TASK OBJECTIVE -
Go through the lines below and tally those containing the string "allowed". Respond with the number only.

GIVEN DATA -

-- ===== src/Server/Durability.antt =====
-- What the files hold after the server's handlers, and what a start takes from them.
use my_etcd.Base.{
  ℕ, ◌+◌, ◌^◌, ◌<◌, ◌≡◌, refl, ap, sym, ◌∙◌, arith, Bool, true, false, List, [], ◌∷◌, Option, none,
  some, ltb, ◌==◌, if◌then◌else◌, Bytes, bytes_key, nat_key, length, ◌>>=◌, Bool-cases, inl, inr,
  Option-cases, ◌||◌,
}
use my_etcd.OrdMap.{OrdMap, lookup, insert, lookup-insert, IsOrdered}
use my_etcd.Types.{RaftEntry, EventType, Snapshot}
use my_etcd.Raft.Log.{last_index}
use my_etcd.Raft.Node
use my_etcd.Raft.Node.{RaftNode}
use my_etcd.Storage.KvStore
use my_etcd.Storage.KvStore.{
  KvStore, PutWithPrevResult, put_with_prev, serialize, deserialize, load_pairs,
}
use my_etcd.Storage.KvStore.Encoding.{Fits, deserialize-serialize}
use my_etcd.Wal.{
  open_wal, read_files, read_all_entries, save_hard_state, load_hard_state, append_entries,
}
use my_etcd.Wal.HardState.{load_hard_state-save_hard_state}
use my_etcd.Snapshots.{SnapshotManager, create_snapshot, load_latest_snapshot}
use my_etcd.Snapshots.Laws.{UpTo, create_snapshot_lem}
use my_etcd.Server.{
  EtcdServer, process_raft_entries, process_by_type, process_put, process_delete,
  raft_ready_handler, mark_commits, ready_state, notify_put, attach_lease, recover, restored,
  load_content, apply_loaded, prev_of,
}

-- The parts of the server that processing entries leaves as they are.
record IsKept (s t : EtcdServer) : Type 0 where
  pub node : t.raft_node ≡ s.raft_node
  pub log : t.wal ≡ s.wal
  pub pending : t.pending_commits ≡ s.pending_commits

IsKept-trans : (s t u : EtcdServer) → IsKept s t → IsKept t u → IsKept s u
IsKept-trans s t u h k = record {
  node = k.node ∙ h.node;
  log = k.log ∙ h.log;
  pending = k.pending ∙ h.pending;
}

notify_put-IsKept :
    (key : Bytes) (result : PutWithPrevResult) (s : EtcdServer) → IsKept s (notify_put key result s)
notify_put-IsKept key result s = elim (Option-cases result.new_kv) [
  | inl absent ↦ rw absent (record { node = refl; log = refl; pending = refl })
  | inr (kv, found) ↦ rw found (record { node = refl; log = refl; pending = refl })
]

attach_lease-IsKept : (e : RaftEntry) (s : EtcdServer) → IsKept s (attach_lease e s)
attach_lease-IsKept e s = elim (Bool-cases (ltb 0 e.lease_id)) [
  | inl leased ↦ rw leased (record { node = refl; log = refl; pending = refl })
  | inr not_leased ↦ rw not_leased (record { node = refl; log = refl; pending = refl })
]

process_delete-IsKept : (e : RaftEntry) (s : EtcdServer) → IsKept s (process_delete e s)
unfolding process_delete
process_delete-IsKept e s =
    elim (Bool-cases (ltb 0 (prev_of e.key (KvStore.get e.key 0 s.kvstore)).lease_id)) [
      | inl leased ↦ rw leased (record { node = refl; log = refl; pending = refl })
      | inr not_leased ↦ rw not_leased (record { node = refl; log = refl; pending = refl })
    ]

process_put-IsKept : (e : RaftEntry) (s : EtcdServer) → IsKept s (process_put e s)
unfolding process_put
process_put-IsKept e s =
    let p = put_with_prev e.key e.value e.lease_id s.kvstore in
    let s' = record s { kvstore = p.0 } in
    IsKept-trans s s' (notify_put e.key p.1 (attach_lease e s'))
      (record { node = refl; log = refl; pending = refl })
      (IsKept-trans s' (attach_lease e s') (notify_put e.key p.1 (attach_lease e s'))
        (attach_lease-IsKept e s') (notify_put-IsKept e.key p.1 (attach_lease e s')))

process_by_type-IsKept :
    (t : EventType) (e : RaftEntry) (s : EtcdServer) → IsKept s (process_by_type t e s)
process_by_type-IsKept EventType.put e s = process_put-IsKept e s
process_by_type-IsKept EventType.delete e s = process_delete-IsKept e s
process_by_type-IsKept EventType.conf_change e s = record {
  node = refl;
  log = refl;
  pending = refl;
}
process_by_type-IsKept (EventType.unknown n) e s = record {
  node = refl;
  log = refl;
  pending = refl;
}

process_raft_entries-IsKept :
    (es : List RaftEntry) (s : EtcdServer) → IsKept s (process_raft_entries es s)
unfolding process_raft_entries
process_raft_entries-IsKept [] s = record { node = refl; log = refl; pending = refl }
process_raft_entries-IsKept (e ∷ es) s =
    IsKept-trans s (process_by_type e.type e s)
      (process_raft_entries es (process_by_type e.type e s)) (process_by_type-IsKept e.type e s)
      (process_raft_entries-IsKept es (process_by_type e.type e s))

-- After the handler of committed entries, the hard state that the log loads has no vote, and its commit index
-- is the last index of the node's log, committed or not. The term and the index fit 64 bits.
pub raft_ready_handler-load_hard_state :
    (es : List RaftEntry) (s : EtcdServer)
    → s.raft_node.current_term < 2 ^ 64
    → last_index s.raft_node.log < 2 ^ 64
    → load_hard_state (raft_ready_handler es s).wal
      ≡ some (record {
        current_term = s.raft_node.current_term;
        voted_for = none;
        commit_index = last_index s.raft_node.log;
      })
unfolding raft_ready_handler
raft_ready_handler-load_hard_state es s h k =
    let s' = process_raft_entries es s in
    let same = (process_raft_entries-IsKept es s).node in
    ap (λ n. load_hard_state (save_hard_state (ready_state n) (append_entries es s'.wal).0)) same
    ∙ load_hard_state-save_hard_state (ready_state s.raft_node) (append_entries es s'.wal).0 h
        (omega arith) k

abbrev pub has_index : ℕ → List RaftEntry → Bool
has_index idx [] = false
has_index idx (e ∷ es) = e.index == idx || has_index idx es

lookup-mark_commits :
    (idx : ℕ) (es : List RaftEntry) (m : OrdMap ℕ Bool)
    → lookup idx (mark_commits es m) ≡ (if has_index idx es then some true else lookup idx m)
unfolding mark_commits
lookup-mark_commits idx [] m = refl
lookup-mark_commits idx (e ∷ es) m =
    lookup-mark_commits idx es (insert e.index true m)
    ∙ ground (arith, lookup-insert e.index idx true m)

-- The handler marks the indices of the entries it was given, and no others: a request that waits for the
-- commit of one of them goes on.
pub raft_ready_handler-pending :
    (idx : ℕ) (es : List RaftEntry) (s : EtcdServer)
    → lookup idx (raft_ready_handler es s).pending_commits
      ≡ (if has_index idx es then some true else lookup idx s.pending_commits)
unfolding raft_ready_handler
raft_ready_handler-pending idx es s =
    lookup-mark_commits idx es (process_raft_entries es s).pending_commits
    ∙ ap (λ m. if has_index idx es then some true else lookup idx m)
        (process_raft_entries-IsKept es s).pending

-- A snapshot of the store that is created and then loaded puts every pair of the store, in key order, into the
-- one that reads it. The snapshot is no older than those of the directory, its index is positive, its words
-- and sizes fit their fields, and at least one file is allowed.
pub snapshot_store :
    (idx term : ℕ) (kv t : KvStore) (mgr : SnapshotManager)
    → 0 < idx
    → idx < 2 ^ 64
    → term < 2 ^ 64
    → length (serialize kv) < 2 ^ 32
    → 0 < mgr.max_snapshots
    → IsOrdered mgr.files
    → UpTo idx mgr.files
    → IsOrdered kv.backend
    → Fits kv.backend
    → length kv.backend < 2 ^ 32
    → (load_latest_snapshot (create_snapshot idx term (serialize kv) mgr).0 >>= λ snap.
        deserialize snap.content t)
      ≡ some (load_pairs t kv.backend, true)
snapshot_store idx term kv t mgr pos h k l allowed o up ord fits few =
    ap (λ o. o >>= λ (snap : Snapshot). deserialize snap.content t)
      (create_snapshot_lem idx term (serialize kv) mgr pos h k l allowed o up).1.0
    ∙ deserialize-serialize kv t ord fits few

-- The node that a start recovers.
abbrev pub recovered_node : EtcdServer → Option RaftNode
recovered_node s = recover s >>= λ s'. some s'.raft_node

abbrev with_hard_state : Option Bytes → EtcdServer → EtcdServer
with_hard_state saved s = record s { wal = record s.wal { hard_state = saved } }

-- The node of a server whose log's entries were read and replayed.
abbrev replayed_node : EtcdServer → Option RaftNode
replayed_node s =
    read_all_entries s.wal >>= λ r. some (restored r.0 r.1 s) >>= λ s'. some s'.raft_node

replayed_node-with_hard_state :
    (s : EtcdServer) (saved : Option Bytes)
    → replayed_node (with_hard_state saved s) ≡ replayed_node s
unfolding read_all_entries
replayed_node-with_hard_state s saved =
    elim (Option-cases (read_files (s.wal.wal_seq + 1) 0 s.wal.files)) [
      | inl undefined ↦ rw undefined refl
      | inr (es, read) ↦ rw read refl
    ]

load_content-with_hard_state :
    (content : Bytes) (s : EtcdServer) (saved : Option Bytes)
    → (load_content content (with_hard_state saved s) >>= replayed_node)
      ≡ (load_content content s >>= replayed_node)
load_content-with_hard_state [] s saved = replayed_node-with_hard_state s saved
load_content-with_hard_state (c ∷ content) s saved =
    elim (Option-cases (deserialize (c ∷ content) s.kvstore)) [
      | inl undefined ↦ rw undefined refl
      | inr (loaded, read) ↦
          rw read (replayed_node-with_hard_state (record s { kvstore = loaded.0 }) saved)
    ]

apply_loaded-with_hard_state :
    (o : Option Snapshot) (s : EtcdServer) (saved : Option Bytes)
    → (apply_loaded o (with_hard_state saved s) >>= replayed_node)
      ≡ (apply_loaded o s >>= replayed_node)
apply_loaded-with_hard_state none s saved = replayed_node-with_hard_state s saved
apply_loaded-with_hard_state (some snap) s saved =
    load_content-with_hard_state snap.content
      (record s { raft_node = Node.apply_snapshot snap s.raft_node }) saved

-- The start up to the reading of the log, and what is done behind it.
recovered_node-replayed_node :
    (s : EtcdServer)
    → recovered_node s ≡ (
        apply_loaded (load_latest_snapshot s.snapshot_mgr) (record s { wal = open_wal s.wal })
        >>= replayed_node)
unfolding recover
recovered_node-replayed_node s =
    elim (Option-cases
      (apply_loaded (load_latest_snapshot s.snapshot_mgr) (record s { wal = open_wal s.wal }))) [
        | inl undefined ↦ rw undefined refl
        | inr (s', found) ↦ rw found (elim (Option-cases (read_all_entries s'.wal)) [
          | inl undefined ↦ rw undefined refl
          | inr (r, read) ↦ rw read refl
        ])
      ]

-- The node that a start recovers is the same whatever hard state the files hold: the saved term, vote and
-- commit index do not come back.
pub recover-hard_state :
    (s : EtcdServer) (saved : Option Bytes)
    → recovered_node (record s { wal = record s.wal { hard_state = saved } }) ≡ recovered_node s
unfolding open_wal
recover-hard_state s saved =
    recovered_node-replayed_node (with_hard_state saved s)
    ∙ apply_loaded-with_hard_state (load_latest_snapshot s.snapshot_mgr)
        (record s { wal = open_wal s.wal }) saved
    ∙ sym (recovered_node-replayed_node s)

COMPLETED EXERCISE -
3